DATA TO PROCESS section start
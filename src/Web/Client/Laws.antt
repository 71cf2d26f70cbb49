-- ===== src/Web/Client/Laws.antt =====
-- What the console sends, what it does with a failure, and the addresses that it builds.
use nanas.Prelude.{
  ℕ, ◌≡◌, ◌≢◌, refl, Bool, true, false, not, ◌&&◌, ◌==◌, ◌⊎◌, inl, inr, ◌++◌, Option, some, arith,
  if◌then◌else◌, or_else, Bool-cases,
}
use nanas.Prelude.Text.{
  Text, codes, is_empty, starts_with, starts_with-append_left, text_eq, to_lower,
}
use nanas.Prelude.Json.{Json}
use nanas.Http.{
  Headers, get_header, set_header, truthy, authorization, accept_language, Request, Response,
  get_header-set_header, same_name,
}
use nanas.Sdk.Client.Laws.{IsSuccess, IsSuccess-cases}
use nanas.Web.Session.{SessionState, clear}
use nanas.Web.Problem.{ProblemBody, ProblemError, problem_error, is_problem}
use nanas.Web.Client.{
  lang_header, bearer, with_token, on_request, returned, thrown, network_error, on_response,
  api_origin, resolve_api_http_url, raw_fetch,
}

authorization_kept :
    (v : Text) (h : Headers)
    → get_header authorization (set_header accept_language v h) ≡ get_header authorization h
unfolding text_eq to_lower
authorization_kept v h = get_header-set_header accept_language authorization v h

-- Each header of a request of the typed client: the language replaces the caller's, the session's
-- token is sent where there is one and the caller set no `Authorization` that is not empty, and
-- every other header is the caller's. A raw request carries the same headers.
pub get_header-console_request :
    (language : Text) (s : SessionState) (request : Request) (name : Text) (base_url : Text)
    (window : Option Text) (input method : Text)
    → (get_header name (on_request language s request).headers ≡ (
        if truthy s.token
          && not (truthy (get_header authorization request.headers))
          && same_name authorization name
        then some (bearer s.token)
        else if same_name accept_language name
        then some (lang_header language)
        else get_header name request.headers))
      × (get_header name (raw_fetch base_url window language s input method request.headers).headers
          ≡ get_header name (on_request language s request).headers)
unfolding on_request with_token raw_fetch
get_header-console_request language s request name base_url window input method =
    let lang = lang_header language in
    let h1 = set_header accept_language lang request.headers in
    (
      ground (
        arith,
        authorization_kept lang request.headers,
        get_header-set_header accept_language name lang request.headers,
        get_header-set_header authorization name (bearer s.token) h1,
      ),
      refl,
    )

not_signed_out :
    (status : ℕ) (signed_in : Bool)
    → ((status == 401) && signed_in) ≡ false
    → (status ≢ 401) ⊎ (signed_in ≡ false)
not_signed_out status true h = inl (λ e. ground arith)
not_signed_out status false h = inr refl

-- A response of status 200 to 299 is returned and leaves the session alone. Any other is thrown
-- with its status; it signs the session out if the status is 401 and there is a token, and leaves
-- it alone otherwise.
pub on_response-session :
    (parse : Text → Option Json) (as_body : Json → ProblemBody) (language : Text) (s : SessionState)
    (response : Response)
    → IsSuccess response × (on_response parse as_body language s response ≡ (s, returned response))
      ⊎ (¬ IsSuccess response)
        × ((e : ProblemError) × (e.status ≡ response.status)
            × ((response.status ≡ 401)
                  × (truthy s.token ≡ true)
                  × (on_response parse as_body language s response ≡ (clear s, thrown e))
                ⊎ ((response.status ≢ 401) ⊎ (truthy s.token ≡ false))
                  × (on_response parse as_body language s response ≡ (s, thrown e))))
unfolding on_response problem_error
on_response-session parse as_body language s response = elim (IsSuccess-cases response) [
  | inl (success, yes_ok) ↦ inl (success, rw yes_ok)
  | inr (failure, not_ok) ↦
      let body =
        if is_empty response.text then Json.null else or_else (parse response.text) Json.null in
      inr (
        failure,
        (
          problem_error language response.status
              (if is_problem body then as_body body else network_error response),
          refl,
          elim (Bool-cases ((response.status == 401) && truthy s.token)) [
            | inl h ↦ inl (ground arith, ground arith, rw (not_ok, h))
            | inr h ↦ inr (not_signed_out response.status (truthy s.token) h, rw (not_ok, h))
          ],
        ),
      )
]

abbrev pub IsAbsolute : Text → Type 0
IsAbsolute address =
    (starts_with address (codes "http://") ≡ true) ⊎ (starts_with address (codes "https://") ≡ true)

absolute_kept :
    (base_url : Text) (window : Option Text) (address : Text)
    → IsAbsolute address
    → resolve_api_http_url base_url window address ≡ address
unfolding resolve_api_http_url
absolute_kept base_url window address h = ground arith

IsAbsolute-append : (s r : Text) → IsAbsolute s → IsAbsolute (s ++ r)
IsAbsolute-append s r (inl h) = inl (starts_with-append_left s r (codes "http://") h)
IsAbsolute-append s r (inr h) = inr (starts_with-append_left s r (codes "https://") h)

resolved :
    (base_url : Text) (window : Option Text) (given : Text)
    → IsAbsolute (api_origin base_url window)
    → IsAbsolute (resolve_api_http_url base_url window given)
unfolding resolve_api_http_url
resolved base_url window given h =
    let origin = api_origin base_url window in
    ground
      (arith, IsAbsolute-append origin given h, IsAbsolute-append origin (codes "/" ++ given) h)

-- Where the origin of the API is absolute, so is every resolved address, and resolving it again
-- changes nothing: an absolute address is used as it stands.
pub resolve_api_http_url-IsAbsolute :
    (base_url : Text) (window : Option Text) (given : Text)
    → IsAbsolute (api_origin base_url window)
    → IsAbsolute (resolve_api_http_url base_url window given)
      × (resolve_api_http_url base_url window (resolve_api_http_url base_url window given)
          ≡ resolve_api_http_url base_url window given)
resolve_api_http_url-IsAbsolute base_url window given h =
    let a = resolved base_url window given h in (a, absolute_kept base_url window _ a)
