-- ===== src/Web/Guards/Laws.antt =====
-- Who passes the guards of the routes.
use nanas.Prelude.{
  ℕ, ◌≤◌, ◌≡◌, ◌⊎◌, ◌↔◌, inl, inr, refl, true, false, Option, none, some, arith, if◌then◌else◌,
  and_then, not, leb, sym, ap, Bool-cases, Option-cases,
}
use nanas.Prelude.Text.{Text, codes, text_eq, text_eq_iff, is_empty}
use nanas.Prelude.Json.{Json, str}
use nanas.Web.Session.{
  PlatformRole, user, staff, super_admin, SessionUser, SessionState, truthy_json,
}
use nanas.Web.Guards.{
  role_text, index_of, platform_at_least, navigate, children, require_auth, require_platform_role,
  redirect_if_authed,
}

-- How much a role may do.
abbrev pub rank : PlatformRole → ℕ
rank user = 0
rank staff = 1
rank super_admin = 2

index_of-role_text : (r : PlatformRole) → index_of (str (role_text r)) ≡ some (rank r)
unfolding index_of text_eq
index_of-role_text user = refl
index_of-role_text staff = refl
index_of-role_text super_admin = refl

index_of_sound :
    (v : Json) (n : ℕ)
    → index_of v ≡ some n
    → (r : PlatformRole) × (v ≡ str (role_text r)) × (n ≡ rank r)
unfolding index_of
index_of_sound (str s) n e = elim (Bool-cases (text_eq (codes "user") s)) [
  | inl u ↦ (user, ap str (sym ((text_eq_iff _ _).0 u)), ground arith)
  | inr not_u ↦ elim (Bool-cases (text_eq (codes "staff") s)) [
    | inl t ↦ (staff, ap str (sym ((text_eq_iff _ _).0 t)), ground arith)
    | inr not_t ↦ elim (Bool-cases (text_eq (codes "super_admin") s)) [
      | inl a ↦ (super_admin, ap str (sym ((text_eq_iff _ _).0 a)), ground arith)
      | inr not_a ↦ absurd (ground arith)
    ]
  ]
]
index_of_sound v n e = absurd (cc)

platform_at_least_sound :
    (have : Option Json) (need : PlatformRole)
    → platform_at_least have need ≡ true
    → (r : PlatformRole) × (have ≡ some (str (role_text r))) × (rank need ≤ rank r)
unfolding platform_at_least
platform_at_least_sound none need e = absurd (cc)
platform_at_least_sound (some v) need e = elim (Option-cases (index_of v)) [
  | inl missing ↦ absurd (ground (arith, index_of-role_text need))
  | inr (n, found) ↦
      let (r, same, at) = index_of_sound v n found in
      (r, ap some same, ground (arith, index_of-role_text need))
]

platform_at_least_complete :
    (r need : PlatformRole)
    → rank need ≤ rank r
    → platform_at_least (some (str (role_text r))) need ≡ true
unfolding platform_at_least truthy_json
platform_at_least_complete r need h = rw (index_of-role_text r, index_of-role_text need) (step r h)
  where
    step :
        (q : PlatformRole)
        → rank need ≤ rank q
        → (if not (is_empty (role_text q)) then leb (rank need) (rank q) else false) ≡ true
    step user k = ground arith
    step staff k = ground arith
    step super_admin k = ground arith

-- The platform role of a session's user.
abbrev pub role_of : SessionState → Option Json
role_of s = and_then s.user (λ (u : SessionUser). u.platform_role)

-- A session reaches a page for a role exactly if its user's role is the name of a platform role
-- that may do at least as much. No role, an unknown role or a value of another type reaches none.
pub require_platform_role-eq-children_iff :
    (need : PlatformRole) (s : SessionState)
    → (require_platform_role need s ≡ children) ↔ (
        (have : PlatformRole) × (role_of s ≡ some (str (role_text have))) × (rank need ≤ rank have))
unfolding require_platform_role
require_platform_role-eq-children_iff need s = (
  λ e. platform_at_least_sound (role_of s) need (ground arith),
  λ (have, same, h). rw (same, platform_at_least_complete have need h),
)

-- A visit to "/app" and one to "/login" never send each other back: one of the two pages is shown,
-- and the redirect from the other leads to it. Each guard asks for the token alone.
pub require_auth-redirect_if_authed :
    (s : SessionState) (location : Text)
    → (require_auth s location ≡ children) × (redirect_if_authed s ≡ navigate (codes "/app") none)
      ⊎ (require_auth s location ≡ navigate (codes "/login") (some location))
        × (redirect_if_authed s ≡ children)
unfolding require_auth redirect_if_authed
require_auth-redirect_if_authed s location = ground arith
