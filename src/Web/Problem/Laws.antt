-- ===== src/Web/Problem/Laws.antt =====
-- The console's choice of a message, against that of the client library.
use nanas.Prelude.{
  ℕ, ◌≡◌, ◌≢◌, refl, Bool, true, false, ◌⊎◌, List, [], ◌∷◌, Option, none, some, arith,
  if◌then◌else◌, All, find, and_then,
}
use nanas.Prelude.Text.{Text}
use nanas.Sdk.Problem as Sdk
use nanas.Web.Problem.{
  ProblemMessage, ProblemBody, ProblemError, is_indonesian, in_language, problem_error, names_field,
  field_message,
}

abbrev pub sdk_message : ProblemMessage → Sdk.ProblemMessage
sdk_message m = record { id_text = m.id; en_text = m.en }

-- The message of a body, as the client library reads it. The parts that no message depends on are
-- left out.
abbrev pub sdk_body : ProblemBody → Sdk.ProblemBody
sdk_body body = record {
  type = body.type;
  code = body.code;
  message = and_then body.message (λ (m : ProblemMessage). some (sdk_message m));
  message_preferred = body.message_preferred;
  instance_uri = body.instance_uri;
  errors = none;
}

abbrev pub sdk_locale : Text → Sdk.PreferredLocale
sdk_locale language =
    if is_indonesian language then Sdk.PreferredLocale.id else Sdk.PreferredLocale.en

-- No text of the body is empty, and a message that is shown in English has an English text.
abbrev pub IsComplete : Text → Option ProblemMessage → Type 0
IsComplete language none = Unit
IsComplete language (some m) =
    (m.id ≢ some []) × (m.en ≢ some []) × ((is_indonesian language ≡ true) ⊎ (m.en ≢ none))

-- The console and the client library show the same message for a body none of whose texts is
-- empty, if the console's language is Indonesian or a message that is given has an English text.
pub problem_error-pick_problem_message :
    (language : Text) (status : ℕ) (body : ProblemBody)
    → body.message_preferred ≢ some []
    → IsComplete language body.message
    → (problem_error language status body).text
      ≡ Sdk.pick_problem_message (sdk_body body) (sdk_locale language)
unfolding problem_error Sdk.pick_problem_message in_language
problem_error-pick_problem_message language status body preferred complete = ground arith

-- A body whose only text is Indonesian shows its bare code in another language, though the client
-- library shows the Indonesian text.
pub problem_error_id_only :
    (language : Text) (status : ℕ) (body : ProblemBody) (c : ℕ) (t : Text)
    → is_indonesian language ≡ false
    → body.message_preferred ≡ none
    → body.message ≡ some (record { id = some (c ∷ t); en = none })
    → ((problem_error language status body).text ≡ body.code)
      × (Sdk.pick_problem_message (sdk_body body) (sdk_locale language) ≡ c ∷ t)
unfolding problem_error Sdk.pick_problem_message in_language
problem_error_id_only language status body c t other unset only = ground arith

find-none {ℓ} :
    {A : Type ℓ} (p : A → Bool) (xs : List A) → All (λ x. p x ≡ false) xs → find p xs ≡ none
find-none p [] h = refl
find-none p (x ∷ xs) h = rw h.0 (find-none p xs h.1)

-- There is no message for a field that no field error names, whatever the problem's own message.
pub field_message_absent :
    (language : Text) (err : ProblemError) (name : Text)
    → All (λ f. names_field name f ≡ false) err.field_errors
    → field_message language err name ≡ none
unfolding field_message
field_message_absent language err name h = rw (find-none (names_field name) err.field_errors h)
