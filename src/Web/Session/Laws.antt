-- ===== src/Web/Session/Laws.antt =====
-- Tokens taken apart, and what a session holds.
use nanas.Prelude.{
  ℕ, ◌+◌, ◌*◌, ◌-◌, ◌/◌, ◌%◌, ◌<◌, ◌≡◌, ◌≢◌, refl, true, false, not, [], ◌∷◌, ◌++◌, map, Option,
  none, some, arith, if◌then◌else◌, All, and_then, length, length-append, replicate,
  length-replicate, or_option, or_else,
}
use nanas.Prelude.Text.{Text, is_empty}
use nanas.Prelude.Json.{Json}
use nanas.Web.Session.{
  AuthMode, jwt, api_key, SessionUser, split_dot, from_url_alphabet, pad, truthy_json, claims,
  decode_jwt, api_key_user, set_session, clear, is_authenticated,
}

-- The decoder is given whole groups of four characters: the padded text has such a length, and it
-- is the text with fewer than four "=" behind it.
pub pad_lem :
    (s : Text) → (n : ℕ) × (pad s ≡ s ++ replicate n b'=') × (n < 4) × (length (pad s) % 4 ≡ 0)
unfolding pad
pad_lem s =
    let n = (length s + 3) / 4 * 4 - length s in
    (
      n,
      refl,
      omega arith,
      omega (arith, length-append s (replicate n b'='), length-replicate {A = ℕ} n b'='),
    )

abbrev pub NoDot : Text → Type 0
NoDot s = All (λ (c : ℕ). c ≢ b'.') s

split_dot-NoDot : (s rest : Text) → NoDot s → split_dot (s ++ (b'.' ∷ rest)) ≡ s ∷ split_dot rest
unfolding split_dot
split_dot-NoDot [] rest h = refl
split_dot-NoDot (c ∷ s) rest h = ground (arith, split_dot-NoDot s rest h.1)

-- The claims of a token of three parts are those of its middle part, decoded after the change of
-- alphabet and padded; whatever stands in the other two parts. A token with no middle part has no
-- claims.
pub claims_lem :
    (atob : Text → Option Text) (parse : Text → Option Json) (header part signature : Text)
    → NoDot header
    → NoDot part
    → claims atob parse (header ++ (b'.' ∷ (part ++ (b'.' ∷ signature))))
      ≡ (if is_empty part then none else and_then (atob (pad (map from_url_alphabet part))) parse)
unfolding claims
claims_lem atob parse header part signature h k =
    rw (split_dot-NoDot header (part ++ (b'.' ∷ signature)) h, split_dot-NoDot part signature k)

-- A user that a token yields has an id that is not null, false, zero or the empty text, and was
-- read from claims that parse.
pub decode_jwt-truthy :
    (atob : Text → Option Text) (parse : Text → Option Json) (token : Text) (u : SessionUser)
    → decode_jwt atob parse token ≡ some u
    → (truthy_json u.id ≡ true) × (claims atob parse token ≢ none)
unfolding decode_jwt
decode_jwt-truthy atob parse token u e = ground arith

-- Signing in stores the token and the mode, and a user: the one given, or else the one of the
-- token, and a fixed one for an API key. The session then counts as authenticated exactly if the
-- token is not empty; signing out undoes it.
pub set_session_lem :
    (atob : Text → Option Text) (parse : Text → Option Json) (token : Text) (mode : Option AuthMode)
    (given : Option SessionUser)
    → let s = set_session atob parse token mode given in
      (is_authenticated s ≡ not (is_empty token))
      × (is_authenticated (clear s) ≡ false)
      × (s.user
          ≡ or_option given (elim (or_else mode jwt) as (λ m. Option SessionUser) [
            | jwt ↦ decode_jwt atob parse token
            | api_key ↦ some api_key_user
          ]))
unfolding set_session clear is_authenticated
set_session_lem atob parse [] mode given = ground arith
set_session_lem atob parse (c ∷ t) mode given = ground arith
DATA TO PROCESS section end
Only the lines from the one containing "location ≡ children)" through the one containing "unfolding require_auth redirect_if_authed" are to be retyped, both boundary lines included, with no other material.

    → (require_auth s location ≡ children) × (redirect_if_authed s ≡ navigate (codes "/app") none)
      ⊎ (require_auth s location ≡ navigate (codes "/login") (some location))
        × (redirect_if_authed s ≡ children)
unfolding require_auth redirect_if_authed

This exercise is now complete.